Abstract

Abstract Background and Aims Antineutrophil cytoplasmic autoantibody-associated vasculitis (AAV) is a type of necrotizing small vessel inflammatory disease, including alveolar hemorrhage and rapidly progressive glomerulonephritis. Elderly patients with antineutrophil cytoplasmic autoantibody-associated vasculitis (AAV) commonly experience renal impairment and poor prognosis. Based on the cohort of inpatients with AAV in Peking Union Medical College Hospital, this study aimed to analyze the clinical manifestations, diagnosis and treatment characteristics of elderly patients compared with non-elderly patients, and establish a risk scoring system for predicting composite renal outcomes in patients with AAV in elderly patients. Method This retrospective observational study included all AAV patients hospitalized in a single-center tertiary hospital in China between January 2013 and April 2022. Patients aged ≥ 65 years were defined as elderly and randomly divided into development and validation cohorts (2:1). Logistic regression analysis was performed in the development cohort to analyze risk factors. The scoring system was established accordingly and further validated in the validation cohort. Results A total of 1203 patients were enrolled in the study, among whom the elderly group accounted for 36% with a mean age of 71.4 ± 0.3 years. The elderly group had a worse prognosis, a higher mortality rate (8.9% vs. 3.5%, P < 0.001), a higher rate of end-stage renal disease (17.6% vs. 10.2%, P < 0.001), and worsening renal function (7.4% vs. 4.5%, P = 0.04).
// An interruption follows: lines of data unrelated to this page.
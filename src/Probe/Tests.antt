-- ===== src/Probe/Tests.antt =====
-- Requests to a manager with some probes. A checker is a pair of what IsValid answers.
use go_toolkits.Base.{ℕ, ◌<◌, ◌≡◌, ◌≢◌, ◌⊎◌, refl, Bool, true, false, List, [], ◌∷◌, map}
use go_toolkits.Base.Bytes.{Bytes, codes}
use go_toolkits.Probe.{type_string, new_manager, with_address, serve_http}
use go_toolkits.Probe.Registry.{register_all, of_type, Answered, serve_http-register_all}

abbrev itself : Bool × Bytes → Bool × Bytes
itself c = c

abbrev probes : List (ℕ × (Bool × Bytes))
probes =
    (0, (true, [])) ∷ (1, (true, [])) ∷ (1, (false, codes "db")) ∷ (1, (false, codes "cache")) ∷ []

serve_http-register_all_example :
    let w =
      serve_http itself
        (codes "ready")
        (register_all probes (new_manager (map with_address (codes ":80" ∷ [])))) in
    ((t : ℕ) × (t < 3) × (codes "ready" ≡ type_string t) × Answered itself (of_type t probes) w)
    ⊎ (((t : ℕ) → t < 3 → codes "ready" ≢ type_string t) × (w.status ≡ 400))
serve_http-register_all_example =
    serve_http-register_all itself (codes ":80" ∷ []) probes (codes "ready")

not_ready :
    (serve_http itself (codes "ready") (register_all probes (new_manager []))).body ≡ codes "db"
unfolding serve_http go_toolkits.Base.Bytes.same type_string go_toolkits.Probe.respond
    go_toolkits.Probe.check_probe go_toolkits.Probe.check_each go_toolkits.Base.Assoc.lookup
    go_toolkits.Probe.register_probe go_toolkits.Base.Assoc.insert new_manager
    go_toolkits.Probe.init_server go_toolkits.Probe.apply_options
not_ready = refl

alive : (serve_http itself (codes "live") (register_all probes (new_manager []))).status ≡ 200
unfolding serve_http go_toolkits.Base.Bytes.same type_string go_toolkits.Probe.respond
    go_toolkits.Probe.check_probe go_toolkits.Probe.check_each go_toolkits.Base.Assoc.lookup
    go_toolkits.Probe.register_probe go_toolkits.Base.Assoc.insert new_manager
    go_toolkits.Probe.init_server go_toolkits.Probe.apply_options
alive = refl
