-- ===== src/Redis.antt =====
-- redis/redis.go: the configuration, and the address that a pool dials. Durations are seconds; what
-- redigo and sentinel do with them is outside.
pub mod Address
pub mod Pool
pub mod PubSub
mod Tests
use go_toolkits.Base.{
  ℕ, Bool, true, false, not, ◌&&◌, ◌||◌, Option, none, some, List, [], ◌∷◌, ◌++◌, ltb,
  if◌then◌else◌,
}
use go_toolkits.Base.Bytes.{Bytes, codes, is_empty, has_prefix}

-- An int that may be negative.
pub data ℤ : Type 0 where
  pos negsuc : ℕ → ℤ

pub is_positive : ℤ → Bool
is_positive (pos n) = ltb 0 n
is_positive (negsuc n) = false

-- Config
pub record Config : Type 0 where
  pub master_addr : Bytes
  pub script : Bytes
  pub sentinels : List Bytes
  pub read_only : Bool
  pub debug : Bool
  pub max_active : ℤ
  pub max_idle : ℤ
  pub idle_timeout : ℤ
  pub connect_timeout : ℤ
  pub read_timeout : ℤ
  pub write_timeout : ℤ
  pub tls_skip_verify : Bool

-- defaultConfig
pub default_config : Config
default_config = record {
  master_addr = [];
  script = [];
  sentinels = [];
  read_only = false;
  debug = false;
  max_active = pos 50;
  max_idle = pos 100;
  idle_timeout = pos 120;
  connect_timeout = pos 5;
  read_timeout = pos 5;
  write_timeout = pos 5;
  tls_skip_verify = false;
}

pub or_default : ℤ → ℤ → ℤ
or_default n d = if is_positive n then n else d

-- merge
pub merge : Config → Config → Config
merge c conf = record c {
  max_active = or_default c.max_active conf.max_active;
  max_idle = or_default c.max_idle conf.max_idle;
  idle_timeout = or_default c.idle_timeout conf.idle_timeout;
  connect_timeout = or_default c.connect_timeout conf.connect_timeout;
  read_timeout = or_default c.read_timeout conf.read_timeout;
  write_timeout = or_default c.write_timeout conf.write_timeout;
}

abbrev pub plain_scheme : Bytes
plain_scheme = codes "redis://"

abbrev pub tls_scheme : Bytes
tls_scheme = codes "rediss://"

-- The options of a dial that the address decides.
pub record Dial : Type 0 where
  pub url : Bytes
  pub use_tls : Bool
  pub skip_verify : Bool
  pub connect_timeout : ℤ
  pub read_timeout : ℤ
  pub write_timeout : ℤ

-- The address with its scheme, in New.
pub with_scheme : Bytes → Bytes
with_scheme [] = codes "redis://127.0.0.1:6379"
with_scheme (c ∷ url) =
    if has_prefix (c ∷ url) plain_scheme then c ∷ url else plain_scheme ++ (c ∷ url)

-- New: what the pool dials.
pub new : Config → Dial
new conf =
    let url = with_scheme conf.master_addr in
    let use_tls = has_prefix url tls_scheme in
    record {
      url = url;
      use_tls = use_tls;
      skip_verify = use_tls && conf.tls_skip_verify;
      connect_timeout = conf.connect_timeout;
      read_timeout = conf.read_timeout;
      write_timeout = conf.write_timeout;
    }

-- The loop of NewSentinel over the addresses: they get a scheme, and the test of each is on the text
-- that was given.
pub sentinel_urls : List Bytes → List Bytes
sentinel_urls [] = []
sentinel_urls (v ∷ vs) =
    (if has_prefix v plain_scheme then v else plain_scheme ++ v) ∷ sentinel_urls vs

pub any_tls : List Bytes → Bool
any_tls [] = false
any_tls (v ∷ vs) = has_prefix v tls_scheme || any_tls vs

-- What Init does first: which pool it makes, of the merged configuration.
pub data Choice : Type 0 where
  by_sentinels by_address : Config → Choice
  address_empty : Choice

pub choose : Config → Choice
choose conf =
    let merged = merge conf default_config in
    elim conf.sentinels [
      | _ ∷ _ ↦ by_sentinels merged
      | [] ↦ if is_empty conf.master_addr then address_empty else by_address merged
    ]
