-- ===== src/Alphasfile/Dag/Tests.antt =====
-- Graphs of producers, with a cycle and without one, and `topoSort` on them.
use zordon.Base.{
  string_le, insert_string, sort_strings, Distinct, ℕ, ◌<◌, ◌≡◌, ◌⊎◌, inl, inr, refl, sym, true,
  List, [], ◌∷◌, arith, Bool-cases, if◌then◌else◌, Bytes, codes, equal, equal_iff, mem, lookup,
  mem-cons, mem_head,
}
use zordon.Alphasfile.Dag.{
  Graph, deps_of, or_empty, order, cycle, topo_sort, release, topo_loop, roots, cycle_members,
  dependents,
}
use mathlib.Core.Path.{subst}
use zordon.Alphasfile.Dag.Loop.{IsGraph, Ordered}
use zordon.Alphasfile.Dag.Correct.{topo_sort-cycle, topo_sort-order}

-- what holds of each list of dependencies holds of `g.deps[id]`
abbrev Each : (Bytes → List Bytes → Type 0) → List (Bytes × List Bytes) → Type 0
Each P [] = Unit
Each P ((id, ds) ∷ m) = P id ds × Each P m

lookup-Each :
    (P : Bytes → List Bytes → Type 0) (m : List (Bytes × List Bytes))
    → ((k : Bytes) → P k [])
    → Each P m
    → (k : Bytes) → P k (or_empty (lookup k m))
unfolding lookup
lookup-Each P [] e all k = e k
lookup-Each P ((id, ds) ∷ m) e (p, all) k = elim (Bool-cases (equal id k)) [
  | inl t ↦ rw t (subst (λ j. P j ds) ((equal_iff id k).0 t) p)
  | inr t ↦ rw t (lookup-Each P m e all k)
]

abbrev vars : Bytes
vars = codes "service.go.db.vars"

abbrev env : Bytes
env = codes "service.go.api.env"

abbrev file : Bytes
file = codes "service.go.api.file.conf"

abbrev stack : Graph
stack = record {
  nodes = file ∷ env ∷ vars ∷ [];
  deps = (file, env ∷ vars ∷ []) ∷ (env, vars ∷ []) ∷ (vars, []) ∷ [];
}

abbrev tangle : Graph
tangle = record {
  nodes = file ∷ env ∷ vars ∷ [];
  deps = (file, []) ∷ (env, vars ∷ []) ∷ (vars, env ∷ []) ∷ [];
}

topo_sort-stack : topo_sort stack ≡ order (vars ∷ env ∷ file ∷ [])
unfolding topo_sort topo_loop release roots cycle_members dependents sort_strings insert_string
    string_le lookup mem equal
topo_sort-stack = refl

topo_sort-tangle : topo_sort tangle ≡ cycle (env ∷ vars ∷ [])
unfolding topo_sort topo_loop release roots cycle_members dependents sort_strings insert_string
    string_le lookup mem equal
topo_sort-tangle = refl

abbrev IsKnown : List Bytes → Type 0
IsKnown ds = (d : Bytes) → mem d ds ≡ true → mem d (file ∷ env ∷ vars ∷ []) ≡ true

stack-IsGraph : IsGraph stack
unfolding mem equal
stack-IsGraph = record {
  keys = refl;
  nodes_distinct = (refl, (refl, (refl, tt)));
  deps_distinct =
      lookup-Each (λ _. Distinct) stack.deps (λ _. tt) ((refl, (refl, tt)), ((refl, tt), (tt, tt)));
  deps_known =
      lookup-Each (λ _. IsKnown) stack.deps (λ _ d h. ground (arith, h))
        (λ d h. ground (arith, h), (λ d h. ground (arith, h), (λ d h. ground (arith, h), tt)));
}

tangle-IsGraph : IsGraph tangle
unfolding mem equal
tangle-IsGraph = record {
  keys = refl;
  nodes_distinct = (refl, (refl, (refl, tt)));
  deps_distinct =
      lookup-Each (λ _. Distinct) tangle.deps (λ _. tt) (tt, ((refl, tt), ((refl, tt), tt)));
  deps_known =
      lookup-Each (λ _. IsKnown) tangle.deps (λ _ d h. ground (arith, h))
        (λ d h. ground (arith, h), (λ d h. ground (arith, h), (λ d h. ground (arith, h), tt)));
}

knot :
    (j : Bytes)
    → mem j (env ∷ vars ∷ []) ≡ true
    → (mem j tangle.nodes ≡ true)
      × ((d : Bytes) × (mem d (deps_of tangle j) ≡ true) × (mem d (env ∷ vars ∷ []) ≡ true))
unfolding mem lookup equal
knot j h = go {j = j} (mem-cons j env (vars ∷ []) h)
  where
    Stuck : Bytes → Type 0
    Stuck j =
        (mem j tangle.nodes ≡ true)
        × ((d : Bytes) × (mem d (deps_of tangle j) ≡ true) × (mem d (env ∷ vars ∷ []) ≡ true))

    go : {j : Bytes} → (j ≡ env) ⊎ (mem j (vars ∷ []) ≡ true) → Stuck j
    go (inl e) = subst Stuck (sym e) (refl, (vars, refl, refl))
    go {j = j} (inr h) = elim (mem-cons j vars [] h) [
      | inl e ↦ subst Stuck (sym e) (refl, (env, refl, refl))
      | inr h ↦ ground (arith, h)
    ]

topo_sort-cycle_example : (stuck : List Bytes) × (topo_sort tangle ≡ cycle stuck)
unfolding mem
topo_sort-cycle_example =
    topo_sort-cycle tangle tangle-IsGraph (env ∷ vars ∷ []) env (mem_head env (vars ∷ [])) knot

-- what the dependencies of `stack` lower
abbrev rank : Bytes → ℕ
rank s = if equal s file then 2 else if equal s env then 1 else 0

abbrev IsLower : Bytes → List Bytes → Type 0
IsLower k ds = (d : Bytes) → mem d ds ≡ true → rank d < rank k

below : (k d : Bytes) → mem d (deps_of stack k) ≡ true → rank d < rank k
unfolding mem equal
below =
    lookup-Each IsLower stack.deps (λ k d h. ground (arith, h))
      (
        λ d h. elim (mem-cons d env (vars ∷ []) h) [
          | inl e ↦ subst (λ d. rank d < 2) (sym e) (omega arith)
          | inr h ↦ elim (mem-cons d vars [] h) [
            | inl e ↦ subst (λ d. rank d < 2) (sym e) (omega arith)
            | inr h ↦ ground (arith, h)
          ]
        ],
        (
          λ d h. elim (mem-cons d vars [] h) [
            | inl e ↦ subst (λ d. rank d < 1) (sym e) (omega arith)
            | inr h ↦ ground (arith, h)
          ],
          (λ d h. ground (arith, h), tt),
        ),
      )

topo_sort-order_example :
    (out : List Bytes) × (topo_sort stack ≡ order out)
    × Ordered stack out
    × Distinct out
    × ((k : Bytes) → mem k out ≡ mem k stack.nodes)
topo_sort-order_example = topo_sort-order stack stack-IsGraph rank below
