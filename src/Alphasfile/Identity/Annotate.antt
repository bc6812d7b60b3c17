-- ===== src/Alphasfile/Identity/Annotate.antt =====
-- identity.go, `annotateModules`: the module of each service, and the checks of the names.
use zordon.Base.{free, not, List, [], ◌∷◌, ◌++◌, map, if◌then◌else◌, Bytes, mem}
use zordon.Alphasfile.Identity.{is_module_name}

-- what it reads of a `serviceBlock`, and the module that it stamps
pub record ServiceDecl : Type 0 where
  pub name : Bytes
  pub module_of : Bytes

pub record ModuleBlock : Type 0 where
  pub name : Bytes
  pub services : List ServiceDecl

pub record PackageBlock : Type 0 where
  pub name : Bytes
  pub modules : List ModuleBlock

pub record RootBlock : Type 0 where
  pub services : List ServiceDecl
  pub modules : List ModuleBlock
  pub packages : List PackageBlock

-- the errors, with the names in them
pub data Rejection : Type 0 where
  invalid_component duplicate_component same_as_service invalid_package : Bytes → Rejection
  invalid_service : Bytes → Rejection

pub data Annotated (A : Type 0) : Type 0 where
  annotated : A → Annotated A
  rejected : Rejection → Annotated A

abbrev pub annotated_then : {A B : Type 0} → Annotated A → (A → Annotated B) → Annotated B
annotated_then (annotated a) f = f a
annotated_then (rejected e) f = rejected e

abbrev pub stamp : Bytes → List ServiceDecl → List ServiceDecl
stamp m = map (λ s. record { name = s.name; module_of = m })

abbrev pub stamp_module : ModuleBlock → ModuleBlock
stamp_module mb = record { name = mb.name; services = stamp mb.name mb.services }

-- the loop over modules, with the names in `seen`
unfoldable pub annotate_blocks : List Bytes → List ModuleBlock → Annotated (List ModuleBlock)
unfolding mem
annotate_blocks seen [] = annotated []
annotate_blocks seen (mb ∷ mbs) =
    let rest = annotate_blocks (mb.name ∷ seen) mbs in
    if not (is_module_name mb.name)
    then rejected (invalid_component mb.name)
    else if mem mb.name seen
    then rejected (duplicate_component mb.name)
    else annotated_then rest (λ out. annotated (stamp_module mb ∷ out))

abbrev pub block_names : List ModuleBlock → List Bytes
block_names = map (λ mb. mb.name)

-- the loop over the services at the top level
unfoldable pub check_clashes : List Bytes → List ServiceDecl → Annotated Unit
unfolding mem
check_clashes seen [] = annotated tt
check_clashes seen (s ∷ services) =
    let rest = check_clashes seen services in
    if mem s.name seen then rejected (same_as_service s.name) else rest

-- the loop over packages
unfoldable pub annotate_packages : List PackageBlock → Annotated (List PackageBlock)
unfolding annotate_blocks
annotate_packages [] = annotated []
annotate_packages (pb ∷ pbs) =
    let rest = annotate_packages pbs in
    if not (is_module_name pb.name)
    then rejected (invalid_package pb.name)
    else annotated_then (annotate_blocks [] pb.modules) (λ mbs.
      annotated_then rest (λ out. annotated (record { name = pb.name; modules = mbs } ∷ out)))

-- `allServices`, and the services of packages behind them
unfoldable pub block_services : List ModuleBlock → List ServiceDecl
block_services [] = []
block_services (mb ∷ mbs) = mb.services ++ block_services mbs

unfoldable pub package_services : List PackageBlock → List ServiceDecl
unfolding block_services
package_services [] = []
package_services (pb ∷ pbs) = block_services pb.modules ++ package_services pbs

unfoldable pub every_service : RootBlock → List ServiceDecl
unfolding block_services package_services
every_service root =
    root.services ++ (block_services root.modules ++ package_services root.packages)

-- the loop over `services`
unfoldable pub check_slashes : List ServiceDecl → Annotated Unit
unfolding free
check_slashes [] = annotated tt
check_slashes (s ∷ services) =
    let rest = check_slashes services in
    if not (free 47 s.name) then rejected (invalid_service s.name) else rest

-- `annotateModules`
unfoldable pub annotate_modules : RootBlock → Annotated RootBlock
unfolding annotate_blocks check_clashes annotate_packages check_slashes every_service
annotate_modules root = annotated_then (annotate_blocks [] root.modules) (λ mbs.
    annotated_then (check_clashes (block_names root.modules) root.services) (λ u.
      annotated_then (annotate_packages root.packages) (λ pbs.
        annotated_then (check_slashes (every_service root))
          (λ w. annotated (record { services = root.services; modules = mbs; packages = pbs })))))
Logistic regression showed that age > 75 years, chronic heart disease, elevated serum creatine, and D-dimer values were risk factors for poor prognosis in patients with AAV. The development and validation cohorts in AAV patients produced area under the curve values of 0.823 (0.784–0.862) and 0.833 (0.777–0.888), respectively (Figure 1). When the risk score was ≥ 2 points, the risk of acquiring composite renal outcomes increased significantly with a sensitivity and specificity of 75.0% and 79.9%, respectively. Conclusion We established risk-scoring systems based on baseline clinical characteristics to predict composite renal outcomes in patients with AAV. Our results suggest that more attention should be paid to elderly patients who have severe renal impairment and active inflammation.